Example: _pilvi _(cloud), _pilven_* (7)
_nainen _(woman), _naisen_ (38)
_kirjain _(letter), _kirjaimen_ (33)

*B) *Consonant gradation is a characteristic of words in which the letters k, p or t disappear or alternate with other consonants in different declension forms.

Example: 
_purkka _(bubble gum), _purkan _(10-A)
_katu _(street), _kadun_ (1-F)
_piirre _(characteristic), _piirteen_ (48-K)

I attached the declension number and the links just to make the word's declension easier.

___
* Each word pair: noun + (its English translation) + its genitive form + (declension type number + consonant gradation letter)


----------



## ThomasK

jana.bo99 said:


> Hi ThomasK,
> 
> It is the same in Croatian as in Slovenian, with a bit different words:
> 
> p.s. You can say so in Croatia, if you find the perfect woman.


 
Thanks, Jana, but I meant: don't you have more literal translations of 'faultless', 'finished', 'completed', meaning perfect ?


----------



## ThomasK

Thanks, Sakvaka, but your point is that _taysi/ taidi..._ might very well be related, I guess. Or isn't it ?


----------



## sakvaka

ThomasK said:


> Thanks, Sakvaka, but your point is that _taysi/ taidi..._ might very well be related, I guess. Or isn't it ?



Yes, I strongly believe that the Finnish adjectives _täydellinen_ (perfect) and _täysi_ (full) are related; they share the same root.


----------



## ThomasK

Great, then there is the idea of *full* in it, also in Finnish. 'Complete' contains the same reference, by the way (ple-). 

By the way: *per*- refers to an end, maybe a summit, as in Czech, I believe (_per-fect_, made till the end: accomplished, finished, ...). 

I am still amazed that there are so few alternatives. Of course in Romanic languages it might be logical because perfect/ parfait, perfetto, ... is derived from Latin.

*τελειοποιώ* (finish) in Greek is one I like : make it to the end/ goal/ target, if I may be allowed to translate clumsily/literally.

In Vietnamese it must be *hoàn hảo* (impeccable, perfectly). Something like super-perfect (perfect-perfect) ? Anyone ?


----------



## jana.bo99

ThomasK said:


> Thanks, Jana, but I meant: don't you have more literal translations of 'faultless', 'finished', 'completed', meaning perfect ?


Hi Thomas,
"faultless" can be one letter, well written without errors.

"completed" can be one house: but doesn't mean it is "perfect".

"finished" has nothing to do with perfect.
F.e. I have finished my work - Končala sem (svoje or moje) delo.  

I can say: 

Here is perfect place for me:

Croatian: 
Za mene je ovdje idealno mjesto.

Slovenian: 
Tukaj je idealno mesto zame. 

Regards.


----------



## ThomasK

Thanks, Jana, but are you really convinced of that ? I mean: 
- for us 'completed' means not half-done
- faultless means well taken care of
- finished: idem, it is complete, no further to be done - as it is (seems) perfect !

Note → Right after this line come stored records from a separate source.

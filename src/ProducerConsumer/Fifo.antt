-- ===== src/ProducerConsumer/Fifo.antt =====
-- Any number of producers and consumers on one queue, in any interleaving of their calls.
use libnebula.Prelude.{
  ℕ, ◌≡◌, refl, sym, ap, ◌∙◌, none, some, List, [], ◌∷◌, ◌++◌, append_assoc, map,
}
use libnebula.ProducerConsumer.{push_tasklet, pop_tasklet}

-- The queue, with what was pushed and what each consumer got, in the order of the calls.
pub record State : Type 0 where
  pub items : List ℕ
  pub pushed : List ℕ
  pub popped : List (ℕ × ℕ)

-- One call of `pushTasklet` or `popTasklet`, which holds the lock; `consumer` is the calling thread.
pub data Step : State → State → Type 0 where
  push :
      (s : State) (t : ℕ)
      → Step s (record s { items = push_tasklet t s.items; pushed = s.pushed ++ t ∷ [] })
  pop :
      (s : State) (consumer t : ℕ) (rest : List ℕ)
      → pop_tasklet s.items ≡ (some t, rest)
      → Step s (record s { items = rest; popped = s.popped ++ (consumer, t) ∷ [] })
  miss :
      (s : State) (consumer : ℕ) (rest : List ℕ)
      → pop_tasklet s.items ≡ (none, rest)
      → Step s (record s { items = rest })

pub data Reach (s : State) : State → Type 0 where
  here : Reach s s
  next : {t u : State} → Reach s t → Step t u → Reach s u

abbrev pub start : State
start = record { items = []; pushed = []; popped = [] }

-- What was handed out, then what is left.
abbrev pub handed : State → List ℕ
handed s = map (λ p. p.1) s.popped ++ s.items

map-snoc :
    (l : List (ℕ × ℕ)) (c t : ℕ) (rest : List ℕ)
    → map (λ p. p.1) (l ++ (c, t) ∷ []) ++ rest ≡ map (λ p. p.1) l ++ t ∷ rest
map-snoc [] c t rest = refl
map-snoc ((d, u) ∷ l) c t rest = ap (λ r. u ∷ r) (map-snoc l c t rest)

pop_tasklet-some :
    (l : List ℕ) (t : ℕ) (rest : List ℕ) → pop_tasklet l ≡ (some t, rest) → l ≡ t ∷ rest
unfolding pop_tasklet
pop_tasklet-some [] t rest e = cc
pop_tasklet-some (x ∷ l) t rest e = cc

pop_tasklet-none : (l : List ℕ) (rest : List ℕ) → pop_tasklet l ≡ (none, rest) → l ≡ rest
unfolding pop_tasklet
pop_tasklet-none [] rest e = cc
pop_tasklet-none (x ∷ l) rest e = cc

Step-fifo : {s t : State} → Step s t → s.pushed ≡ handed s → t.pushed ≡ handed t
unfolding push_tasklet
Step-fifo (push s t) h =
    ap (λ l. l ++ t ∷ []) h ∙ append_assoc (map (λ p. p.1) s.popped) s.items (t ∷ [])
Step-fifo (pop s c t rest e) h =
    h
    ∙ ap (λ l. map (λ p. p.1) s.popped ++ l) (pop_tasklet-some s.items t rest e)
    ∙ sym (map-snoc s.popped c t rest)
Step-fifo (miss s c rest e) h =
    h ∙ ap (λ l. map (λ p. p.1) s.popped ++ l) (pop_tasklet-none s.items rest e)

-- Whatever the interleaving of the calls, the tasklets pushed are, in their order, those handed out
-- to all the consumers together, in the order of the calls, followed by those still queued: none is
-- lost, none handed out twice, none overtaken.
pub Reach-fifo : {s : State} → Reach start s → s.pushed ≡ map (λ p. p.1) s.popped ++ s.items
Reach-fifo here = refl
Reach-fifo (next r st) = Step-fifo st (Reach-fifo r)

Isn't  this a logical association to you too ? Maybe I am narrow-minded in this, please tell me.


----------



## sakvaka

ThomasK said:


> Thanks, Jana, but are you really convinced of that ? I mean:
> - for us 'completed' means not half-done
> - faultless means well taken care of
> - finished: idem, it is complete, no further to be done - as it is (seems) perfect !
> 
> Isn't  this a logical association to you too ? Maybe I am narrow-minded in this, please tell me.



I'm sorry but I don't quite understand your logic. I have understood that _faultless_ means "that has no faults/errors", and therefore see no straightforward connection with taking care of something. 

I agree with you that _finished_ is something complete, "no further to be done". But that doesn't necessarily have to be "perfect", which is something absolutely good. 

_Perfect_ can, of course, be used when something is extremely good or the best you could ever imagine ("she's a perfect wife"), but it often has a tone of exaggeration or hyperbole. I think this is what Jana meant by saying: "not necessarily perfect". _Ideal_ would be a more neutral expression.


----------



## ThomasK

I wonder how we solve this 'problem'. OK, let me try. 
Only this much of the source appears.